Privacy-elite group Blackphone showed off their NSA-era privacy handset this week, while the Panasonic Toughpad 5 aimed to protect you from physical damage. Sandisk revealed a new 128GB microSDXC card for devices like the HTC Desire 816.
Fujitsu showed off a haptic-sensory tablet prototype as well as the Stylistic S01. The team at Invensense showed off a new motion-tracking platform while the Alcatel OneTough POP was what we’re considering the most out-there wearable of the show.
Though they did have a press conference, the team at Tizen failed to show any hardware save the Samsung Gear 2. Archos brought on a number of smartphones in the off-contract affordability category as well.

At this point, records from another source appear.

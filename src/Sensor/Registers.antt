-- ===== src/Sensor/Registers.antt =====
-- The IMX582 as a file of registers: what a table of writes leaves in them, and what an attestation
-- finds.
use podbay_camera_firmware.Prelude.{
  ℕ, ◌+◌, ◌*◌, ◌<◌, ◌≡◌, refl, ap, ◌∙◌, false, not, List, [], ◌∷◌, ◌==◌, if◌then◌else◌, arith, ok,
  Bool-cases, inl, inr, ==_iff,
}
use mathlib.Core.Path.{fun_ext}
use podbay_camera_firmware.Device.{continue, I2c}
use podbay_camera_firmware.Sensor.{high, low}
use podbay_camera_firmware.Sensor.Driver.{write_register, read_register, write_all, attest}

abbrev pub update : (ℕ → ℕ) → ℕ → ℕ → ℕ → ℕ
update registers register value r = if r == register then value else registers r

-- The documented behaviour of the sensor on the bus, while no transfer fails: a message of three bytes
-- sets the register that the first two name, one of two bytes selects a register for the next read,
-- and a read changes none.
pub record RegisterFile (bus : I2c) : Type 0 where
  pub content : bus.State → ℕ → ℕ
  pub after_write : ℕ → ℕ → ℕ → bus.State → bus.State
  pub after_read : ℕ → ℕ → bus.State → bus.State
  pub write_ok :
      (h l v : ℕ) (s : bus.State) → bus.send (h ∷ l ∷ v ∷ []) s ≡ (ok tt, after_write h l v s)
  pub write_sets :
      (h l v : ℕ) (s : bus.State) (r : ℕ)
      → content (after_write h l v s) r ≡ update (content s) (h * 256 + l) v r
  pub read_ok :
      (h l : ℕ) (s : bus.State)
      → continue (λ _. bus.receive) (bus.send (h ∷ l ∷ []) s)
        ≡ (ok (content s (h * 256 + l)), after_read h l s)
  pub read_keeps : (h l : ℕ) (s : bus.State) (r : ℕ) → content (after_read h l s) r ≡ content s r

-- What a table leaves in the registers.
abbrev pub assign : List (ℕ × ℕ) → (ℕ → ℕ) → ℕ → ℕ
assign [] registers = registers
assign ((register, value) ∷ rest) registers = assign rest (update registers register value)

-- Every register of a table has an address of sixteen bits.
abbrev pub AllWords : List (ℕ × ℕ) → Type 0
AllWords [] = Unit {0}
AllWords ((register, value) ∷ rest) = (register < 65536) × AllWords rest

-- The registers hold the values of a table.
abbrev pub Holds : List (ℕ × ℕ) → (ℕ → ℕ) → Type 0
Holds [] registers = Unit {0}
Holds ((register, value) ∷ rest) registers = (registers register ≡ value) × Holds rest registers

address : (r : ℕ) → r < 65536 → high r * 256 + low r ≡ r
address r h = omega arith

module _ (bus : I2c) (file : RegisterFile bus) where
  open bus use {State}
  open file use {content, after_write, after_read, write_ok, write_sets, read_ok, read_keeps}

  pub write_register_lem :
      (r v : ℕ) (s : State)
      → r < 65536
      → (s' : State) × (write_register bus r v s ≡ (ok tt, s'))
        × (content s' ≡ update (content s) r v)
  unfolding write_register
  write_register_lem r v s h = (
    after_write (high r) (low r) v s,
    write_ok (high r) (low r) v s,
    rw (address r h) at (fun_ext (write_sets (high r) (low r) v s)),
  )

  pub write_all_lem :
      (table : List (ℕ × ℕ)) (s : State)
      → AllWords table
      → (s' : State) × (write_all bus table s ≡ (ok tt, s'))
        × (content s' ≡ assign table (content s))
  unfolding write_all
  write_all_lem [] s h = (s, refl, refl)
  write_all_lem ((r, v) ∷ rest) s h =
      let (t, done, set) = write_register_lem r v s h.0 in
      let (u, finished, result) = write_all_lem rest t h.1 in
      (u, rw (done, finished), result ∙ ap (assign rest) set)

  read_register_lem :
      (r : ℕ) (s : State)
      → r < 65536
      → (s' : State) × (read_register bus r s ≡ (ok (content s r), s')) × (content s' ≡ content s)
  unfolding read_register
  read_register_lem r s h = (
    after_read (high r) (low r) s,
    rw (address r h) at (read_ok (high r) (low r) s),
    fun_ext (read_keeps (high r) (low r) s),
  )

  pub attest_lem :
      (table : List (ℕ × ℕ)) (s : State)
      → AllWords table
      → Holds table (content s)
      → (s' : State) × (attest bus table s ≡ (ok tt, s')) × (content s' ≡ content s)
  unfolding attest
  attest_lem [] s h k = (s, refl, refl)
  attest_lem ((r, v) ∷ rest) s h k =
      let (t, read, same) = read_register_lem r s h.0 in
      let found = rw (← same) at k.1 in
      let (u, finished, result) = attest_lem rest t h.1 found in
      let equal : not (content s r == v) ≡ false = let e = k.0 in ground arith in
      (u, rw (read, equal) finished, result ∙ same)

  -- An attestation succeeds only on registers that hold the table.
  pub attest-Holds :
      (table : List (ℕ × ℕ)) (s : State)
      → AllWords table
      → (attest bus table s).0 ≡ ok tt
      → Holds table (content s)
  unfolding attest
  attest-Holds [] s h e = tt
  attest-Holds ((r, v) ∷ rest) s h e =
      let (t, read, same) = read_register_lem r s h.0 in
      let found = rw read at e in
      elim (Bool-cases (content s r == v)) [
        | inl p ↦
            let rest_ok = rw p at found in
            ((==_iff _ _).0 p, rw same at (attest-Holds rest t h.1 rest_ok))
        | inr p ↦ let failed = rw p at found in cc
      ]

Mark Zuckerberg, CEO and founder of Facebook spoke up at the MWC 2014 opening keynote, suggesting that Internet.ORG is an onramp to the web. Facebook also hired Sibyl Goldman this week while their recently acquired company WhatsApp announced voice calls coming in Q2 (likely near the point at which Facebook’s transaction is finalized.) Facebook Messenger was also announced to be coming to Windows Phone as it is axed from Windows.
During our entire trip we wore a full collection of Scottevest shirts and coats. The Scottevest team sent over several of their pocket-filled articles of clothing to wear out for the week – we had em packed up full!
Finally while Mobile World Congress 2014 took place, the Venezuelan government shut down the internet in the wake of local protests. Our thoughts and best wishes go out to all those involved in the conflict.